Tuesday, 24 December 2013

5 Questions With... artist Yang-En Hume

Yang-En Hume. Courtesy of the artist.

On first appearance your work, in particular the installation pieces with dolls heads, is quite unnerving - did you ever intend for your work to evoke a visceral response?

Yes, that was a deliberate decision. I’d been reading about Julia Kristeva’s writings on the abject. She argues that abjection defies divisions between the proper and improper, and between the clean and unclean. The abject is ambiguous; disturbing identity, order, and boundaries. I think that’s what makes it ideal imagery for critiquing notions of femininity and beauty.

I thought that making reference to bodily fluids (the yellow-brown liquid in the jars) in order to evoke a physical response of disgust in the viewer would be an interesting way to defy appropriate boundaries. I was also thinking of other artists who utilise abjection or dismemberment in order to transgress social norms. I think Jenny Saville’s work in particular, effectively critiques the cultural fixation on female thinness and the social preference for a tightly managed and sealed female body.

Your work focuses on preconceived notions of femininity - what interests you about this area?

The project started with the dolls. I knew I wanted to use dolls, but wasn't sure specifically how I would incorporate them into an artwork. As I began researching the historical and contemporary uses for dolls, their links to femininity and gender roles became clear, and my interest in the area grew through further research of the topic.

Historically, playing with dolls reiterated the values of modesty, maternity, obedience, submissiveness and chastity in young girls. Contemporary theorists have argued that dolls continue to play a role in teaching girls gender norms. They idealise the nuclear family and normalise certain physical traits, creating a limited concept of beauty. I think it’s interesting to analyse the social significance behind elements of popular culture, and to think about why, as a society and as individuals we hold certain preferences and inclinations.

Yang-En Hume, Polyps. Courtesy of the artist.


Yang-En Hume, Polyps (detail). Courtesy of the artist.

Why specifically do you use the dolls heads? What process do you go through when creating a work?

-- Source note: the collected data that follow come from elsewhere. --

-- ===== src/Processor/Diff.antt =====
-- The order of file versions, and what `diff_indices` of src/core/bep_processor.rs finds.
use grizol.Prelude.{
  ◌≡◌, refl, ap, ◌∙◌, Bool, true, false, ◌||◌, Option, none, some, List, [], ◌∷◌, ◌++◌, append-nil,
  append_assoc, if◌then◌else◌, arith,
}
use grizol.Prelude.Keys.{bytes_eq, Dict, lookup}
use grizol.Prelude.Outcome.{Outcome, ok, err, panic, >>=-eq-ok, ensure}
use grizol.Prelude.Bytes.{Bytes}
use grizol.Proto.{FileInfo, Index}
use grizol.Processor.{
  Ordering, less, equal, greater, DiffError, different_folders, IndexDiff, partial_cmp_file_version,
  partial_cmp_file_timestamp, files_by_name, place, diff_loop, diff_indices,
}

-- A file version older than a second, which is older than a third, is older than the third.
partial_cmp_file_version_trans :
    (a b c : FileInfo)
    → partial_cmp_file_version a b ≡ ok (some less)
    → partial_cmp_file_version b c ≡ ok (some less)
    → partial_cmp_file_version a c ≡ ok (some less)
unfolding partial_cmp_file_version
partial_cmp_file_version_trans a b c h k = ground arith

-- A tie of the versions and of the times is a tie of the comparison by time.
pub partial_cmp_file_timestamp_tie :
    (a b : FileInfo)
    → partial_cmp_file_version a b ≡ ok none
    → a.modified_s ≡ b.modified_s
    → a.modified_ns ≡ b.modified_ns
    → partial_cmp_file_timestamp a b ≡ ok equal
unfolding partial_cmp_file_version partial_cmp_file_timestamp
partial_cmp_file_timestamp_tie a b h s n = ground arith

-- A received file that is in conflict with the existing one, neither version being newer, and has
-- the same modification time makes the loop of diff_indices unwind.
pub place-tie :
    (e f : FileInfo) (d : IndexDiff)
    → partial_cmp_file_version e f ≡ ok none
    → e.modified_s ≡ f.modified_s
    → e.modified_ns ≡ f.modified_ns
    → place (some e) f d ≡ panic
unfolding place
place-tie e f d h s n = rw (h, partial_cmp_file_timestamp_tie e f h s n) refl

abbrev is_less : Outcome DiffError (Option Ordering) → Bool
is_less (ok (some less)) = true
is_less (ok (some equal)) = false
is_less (ok (some greater)) = false
is_less (ok none) = false
is_less (err x) = false
is_less panic = false
is_less Outcome.diverge = false

-- A file is new if there is none of its name, or an older one.
abbrev is_newer_than : Option FileInfo → FileInfo → Bool
is_newer_than none f = true
is_newer_than (some e) f = is_less (partial_cmp_file_version e f)

abbrev pub newer_files : Dict Bytes FileInfo → List FileInfo → List FileInfo
newer_files existing [] = []
newer_files existing (f ∷ fs) =
    let rest = newer_files existing fs in
    if is_newer_than (lookup f.name existing) f then f ∷ rest else rest

place-newer :
    (o : Option FileInfo) (f : FileInfo) (d d' : IndexDiff)
    → place o f d ≡ ok d'
    → d'.newly_added_files ≡ d.newly_added_files ++ (if is_newer_than o f then f ∷ [] else [])
unfolding place
place-newer none f d d' h = ground arith
place-newer (some e) f d d' h = ground (arith, append-nil d.newly_added_files)

add_if :
    (b : Bool) (f : FileInfo) (xs ys : List FileInfo)
    → (xs ++ (if b then f ∷ [] else [])) ++ ys ≡ xs ++ (if b then f ∷ ys else ys)
add_if true f xs ys = append_assoc xs (f ∷ []) ys
add_if false f xs ys = ap (λ zs. zs ++ ys) (append-nil xs)

diff_loop-newer :
    (existing : Dict Bytes FileInfo) (fs : List FileInfo) (d d' : IndexDiff)
    → diff_loop existing fs d ≡ ok d'
    → d'.newly_added_files ≡ d.newly_added_files ++ newer_files existing fs
unfolding diff_loop
diff_loop-newer existing [] d d' h = ground (arith, append-nil d.newly_added_files)
diff_loop-newer existing (f ∷ fs) d d' h =
    let (x, e1, e2) = >>=-eq-ok (place (lookup f.name existing) f d) (diff_loop existing fs) h in
    let here = place-newer (lookup f.name existing) f d x e1 in
    let there = diff_loop-newer existing fs x d' e2 in
    there
    ∙ ap (λ xs. xs ++ newer_files existing fs) here
    ∙ add_if (is_newer_than (lookup f.name existing) f) f d.newly_added_files
        (newer_files existing fs)

-- If diff_indices returns, its newly added files are those of the added index, in order, of whose
-- name the existing index has none, or an older version by partial_cmp_file_version.
pub diff_indices-newer :
    (folder : Bytes) (added existing : Index) (d : IndexDiff)
    → diff_indices folder added existing ≡ ok d
    → d.newly_added_files ≡ newer_files (files_by_name existing.files []) added.files
unfolding diff_indices
diff_indices-newer folder added existing d h =
    let (x, e1, e2) =
      >>=-eq-ok
        (ensure (bytes_eq.beq added.folder folder || bytes_eq.beq existing.folder folder)
          different_folders)
        _ h in
    diff_loop-newer (files_by_name existing.files []) added.files _ d e2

The faces seemed to be the most anthropomorphic aspect of the doll, giving the work a greater connection between the doll and the human body. There is also an eerie, unnerving aspect to facing hundreds of dolls heads staring at you. It places the viewer in the role of both voyeur and object of the gaze, fracturing the conventional relationship between artwork and audience.

However, I have also been making work, which also uses the dolls limbs and bodies. My work is about more than the gaze, or the face, so I felt it was important to use the whole doll. My installation Polyps features hundreds of heads, limbs and torsos, bound up in plastic bags.

My process changes for every project. I spend a lot of time reading about other artists and theorists in the hope that this will reveal a direction to take. I’m constantly brainstorming ideas, and often I will just start making things and see where that takes me.I also like to get feedback from others, as seeing my own work all the time means it can lose it’s impact on me. If a number of people seem to react strongly to certain strands of my work I may investigate that aspect further, or neglect it, depending on the nature of the responses. That’s how my installation Collector’s Addiction came about. I had a few decapitated dolls in jars sitting in my studio, which nearly everyone who came in gravitated towards.

Yang-En Hume, Collector's Addiction (detail). Courtesy of the artist.

Yang-En Hume, Collector's Addiction (detail). Courtesy of the artist.

You mention on your website that the doll as motif is significant in "shaping girls' experiences of being female" - can you elaborate? How do you feel it effects women's perceptions of being female?

Dolls are one of a number of factors, which teach girls how they should behave and to what they should aspire. They train girls to associate certain characteristics with being female. From the second half of the 18th century, they were used as a form of education to teach girls how to dress, and to foster maternal aspirations. Paintings of dolls from this period depict them as an aid in developing girls into docile women, probably indicative of underlying fears that women have innate unruly passions that could threaten the social order.

More recently, a number of writers and theorists have argued that dolls continue to teach girls’ gender norms and social expectations such as maternity, domesticity and beauty. Barbie reinforces a white-skinned, thin, fashionable beauty ideal, which when internalised has been shown by some studies to contribute to the development of body dissatisfaction in girls. Barbie and other dolls reinforce to girls that their primary social value is the attainment of beauty, encouraging insecure consumerism. Furthermore, Barbie represents a physical ideal, which extends the idea of beauty to characteristics such as skin colour, marginalising girls of non-Caucasian ethnicity. Even though they are not the only contributing factor, dolls, I think, act as a symbol of broader social and cultural expectations to which children are exposed from a very young age. They are a tool used to inculcate girls with certain ‘feminine’ values, and to train them to aspire to a narrow beauty ideal.


Describe your work in 5 words.


Anthropomorphic, Abject, collection, dismembered, taxonomic.

Yang-En Hume, Collector's Addiction. Courtesy of the artist.